Review June 14, 2026

Best New Horror Movies - May 2026 in Review

Films.io Editorial

5 min read

Best New Horror Movies - May 2026 in Review

May 2026 was a weird month for horror. Not weird in a bad way, but weird in that the best new horror movies weren’t coming from the places you’d expect. No major studio tentpoles. No legacy franchise sequels. Instead, May delivered a batch of original horror that ranged from genuinely unsettling to gleefully trashy, with a few that landed somewhere in between. Whether you caught these in theaters or on streaming, here’s a look back at what the month had to offer for fans of horror films.

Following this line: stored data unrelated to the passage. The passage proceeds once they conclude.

-- ===== src/AddressSpace/Dispatch.antt =====
-- What an MMIO access does, on every branch, and that a handler sees only offsets of its region.
use vart.Common.{
  ℕ, ◌+◌, ◌*◌, ◌%◌, ◌^◌, ◌≤◌, ◌<◌, ◌≡◌, refl, subst, ◌⊎◌, inl, inr, true, some, arith, Bool-cases,
  Option-cases, ok, err, All-In, ◌≤ℤ◌, Errno, Result,
}
use vart.AddressSpace.Defs.{World, Callbacks, RegionType, sub64}
use vart.AddressSpace.Ranges.{IsRegion}
use vart.AddressSpace.Access.{
  find, read, write, mmio_access_size_valid, mmio_masked, masked_result, is_mmio, read_handler,
  write_handler,
}
use vart.AddressSpace.Find.{Serves, IsAnswer, find-IsAnswer}
use vart.AddressSpace.Invariant.{IsWell}

abbrev IsWidth : ℕ → Type 0
IsWidth size = (size ≡ 1) ⊎ (size ≡ 2) ⊎ (size ≡ 4) ⊎ (size ≡ 8)

IsWidth-valid : (size : ℕ) → mmio_access_size_valid size ≡ true → IsWidth size
unfolding mmio_access_size_valid
IsWidth-valid size h = ground arith

mmio_masked-mod :
    (size value : ℕ)
    → mmio_access_size_valid size ≡ true
    → mmio_masked size value ≡ value % 2 ^ (8 * size)
unfolding mmio_masked
mmio_masked-mod size value h = elim (IsWidth-valid size h) [
  | inl e ↦ rw e
  | inr (inl e) ↦ rw e
  | inr (inr (inl e)) ↦ rw e
  | inr (inr (inr e)) ↦ rw e
]

is_mmio-mmio : (k : RegionType) → is_mmio k ≡ true → k ≡ RegionType.mmio
unfolding is_mmio
is_mmio-mmio RegionType.mmio h = refl
is_mmio-mmio RegionType.ram h = cc
is_mmio-mmio _ h = cc

module _ {D : Type 0} where
  -- A handler's answer with its value cut to `size` bytes.
  abbrev pub cut_result : ℕ → World D × Result ℕ → World D × Result ℕ
  cut_result size (v, err e) = (v, err e)
  cut_result size (v, ok value) = (v, ok (value % 2 ^ (8 * size)))

  masked_result-cut :
      (size : ℕ) (a : World D × Result ℕ)
      → mmio_access_size_valid size ≡ true
      → masked_result size a ≡ cut_result size a
  unfolding masked_result
  masked_result-cut size (v, err e) h = refl
  masked_result-cut size (v, ok value) h = rw (mmio_masked-mod size value h)

module _ {D : Type 0} (c : Callbacks D) (w : World D) (s address size : ℕ) where
  -- The region `r` answers the access with its handler at the offset `offset`: the access lies
  -- inside the region, and no region that serves it has a higher priority.
  pub record Reaches (r offset : ℕ) : Type 0 where
    pub width : IsWidth size
    pub serves : Serves w s address size r
    pub highest :
        (q : ℕ) → Serves w s address size q → (w.region q).priority ≤ℤ (w.region r).priority
    pub at : (w.region r).base + offset ≡ address
    pub inside : offset + size ≤ (w.region r).size

  Reaches-found :
      (r : ℕ)
      → IsWell w
      → address < 2 ^ 64
      → mmio_access_size_valid size ≡ true
      → find w (some s) address size ≡ some r
      → Reaches r (sub64 address (w.region r).base)
  Reaches-found r v ha hw e =
      let answer : IsAnswer w s address size (some r) =
        subst (IsAnswer w s address size) e
          (find-IsAnswer w s address size (v.mapped s).valid ha small) in
      let fits = All-In (λ q. IsRegion (w.region q)) _ r (v.mapped s).valid answer.0.mapped in
      record {
        width = IsWidth-valid size hw;
        serves = answer.0;
        highest = answer.1;
        at = (let l = answer.0.above in omega arith);
        inside = (let l = answer.0.above in let m = answer.0.below in omega arith);
      }
    where
      small : size < 2 ^ 64
      small = ground (arith, IsWidth-valid size hw)

  -- `vart_address_space_read` either fails and leaves the world as it was, or it is the read handler
  -- of the region of highest priority that serves the access, which is an MMIO region, called at the
  -- offset of the address in that region, with the whole access inside the region; the width is 1, 2,
  -- 4 or 8, and a value that the handler returns is cut to that width.
  pub read_lem :
      IsWell w
      → address < 2 ^ 64
      → ((e : Errno) × (read c w (some s) address size ≡ (w, err e)))
        ⊎ ((r f offset : ℕ) × Reaches r offset
            × ((w.region r).kind ≡ RegionType.mmio)
            × (read c w (some s) address size ≡ (
                let (v, ret) = c.mmio_read f (w.region r).mmio_opaque offset size w in
                elim ret [ err e ↦ (v, err e) | ok x ↦ (v, ok (x % 2 ^ (8 * size))) ])))
  unfolding read
  read_lem v ha = elim (Bool-cases (mmio_access_size_valid size)) [
    | inr bad ↦ inl (Errno.einval, rw bad)
    | inl width ↦ elim (Option-cases (find w (some s) address size)) [
      | inl none_found ↦ inl (Errno.enoent, rw (width, none_found))
      | inr (r, found) ↦ elim (Bool-cases (is_mmio (w.region r).kind)) [
        | inr other ↦ inl (Errno.eacces, rw (width, found, other))
        | inl device ↦ elim (Option-cases (read_handler (w.region r))) [
          | inl absent ↦ inl (Errno.enosys, rw (width, found, device, absent))
          | inr (f, handler) ↦ inr (
            r,
            f,
            sub64 address (w.region r).base,
            Reaches-found r v ha width found,
            is_mmio-mmio _ device,
            rw (width, found, device, handler) (masked_result-cut size _ width),
          )
        ]
      ]
    ]
  ]

  -- `vart_address_space_write` either fails and leaves the world as it was, or it is the write
  -- handler of the region of highest priority that serves the access, which is an MMIO region,
  -- called at the offset of the address in that region, with the value cut to the access's width,
  -- which is 1, 2, 4 or 8; the whole access lies inside the region.
  pub write_lem :
      (value : ℕ)
      → IsWell w
      → address < 2 ^ 64
      → ((e : Errno) × (write c w (some s) address size value ≡ (w, err e)))
        ⊎ ((r f offset : ℕ) × Reaches r offset
            × ((w.region r).kind ≡ RegionType.mmio)
            × (write c w (some s) address size value
                ≡ c.mmio_write f (w.region r).mmio_opaque offset size (value % 2 ^ (8 * size)) w))
  unfolding write
  write_lem value v ha = elim (Bool-cases (mmio_access_size_valid size)) [
    | inr bad ↦ inl (Errno.einval, rw bad)
    | inl width ↦ elim (Option-cases (find w (some s) address size)) [
      | inl none_found ↦ inl (Errno.enoent, rw (width, none_found))
      | inr (r, found) ↦ elim (Bool-cases (is_mmio (w.region r).kind)) [
        | inr other ↦ inl (Errno.eacces, rw (width, found, other))
        | inl device ↦ elim (Option-cases (write_handler (w.region r))) [
          | inl absent ↦ inl (Errno.enosys, rw (width, found, device, absent))
          | inr (f, handler) ↦ inr (
            r,
            f,
            sub64 address (w.region r).base,
            Reaches-found r v ha width found,
            is_mmio-mmio _ device,
            rw (width, found, device, handler, mmio_masked-mod size value width) refl,
          )
        ]
      ]
    ]
  ]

The month’s biggest surprise might have been Affection, a tight little memory-loop nightmare starring Jessica Rothe that crept into theaters early in May and quietly built word of mouth. Then there was Obsession, which technically snuck into late April but was still filling theaters through May, sitting at 95% on Rotten Tomatoes and an 8.2 on IMDb. And later in the month, the internet-born Backrooms finally got its big-screen adaptation. Between all of that, May had more to offer horror fans than most summer months do. Here’s how it all shook out.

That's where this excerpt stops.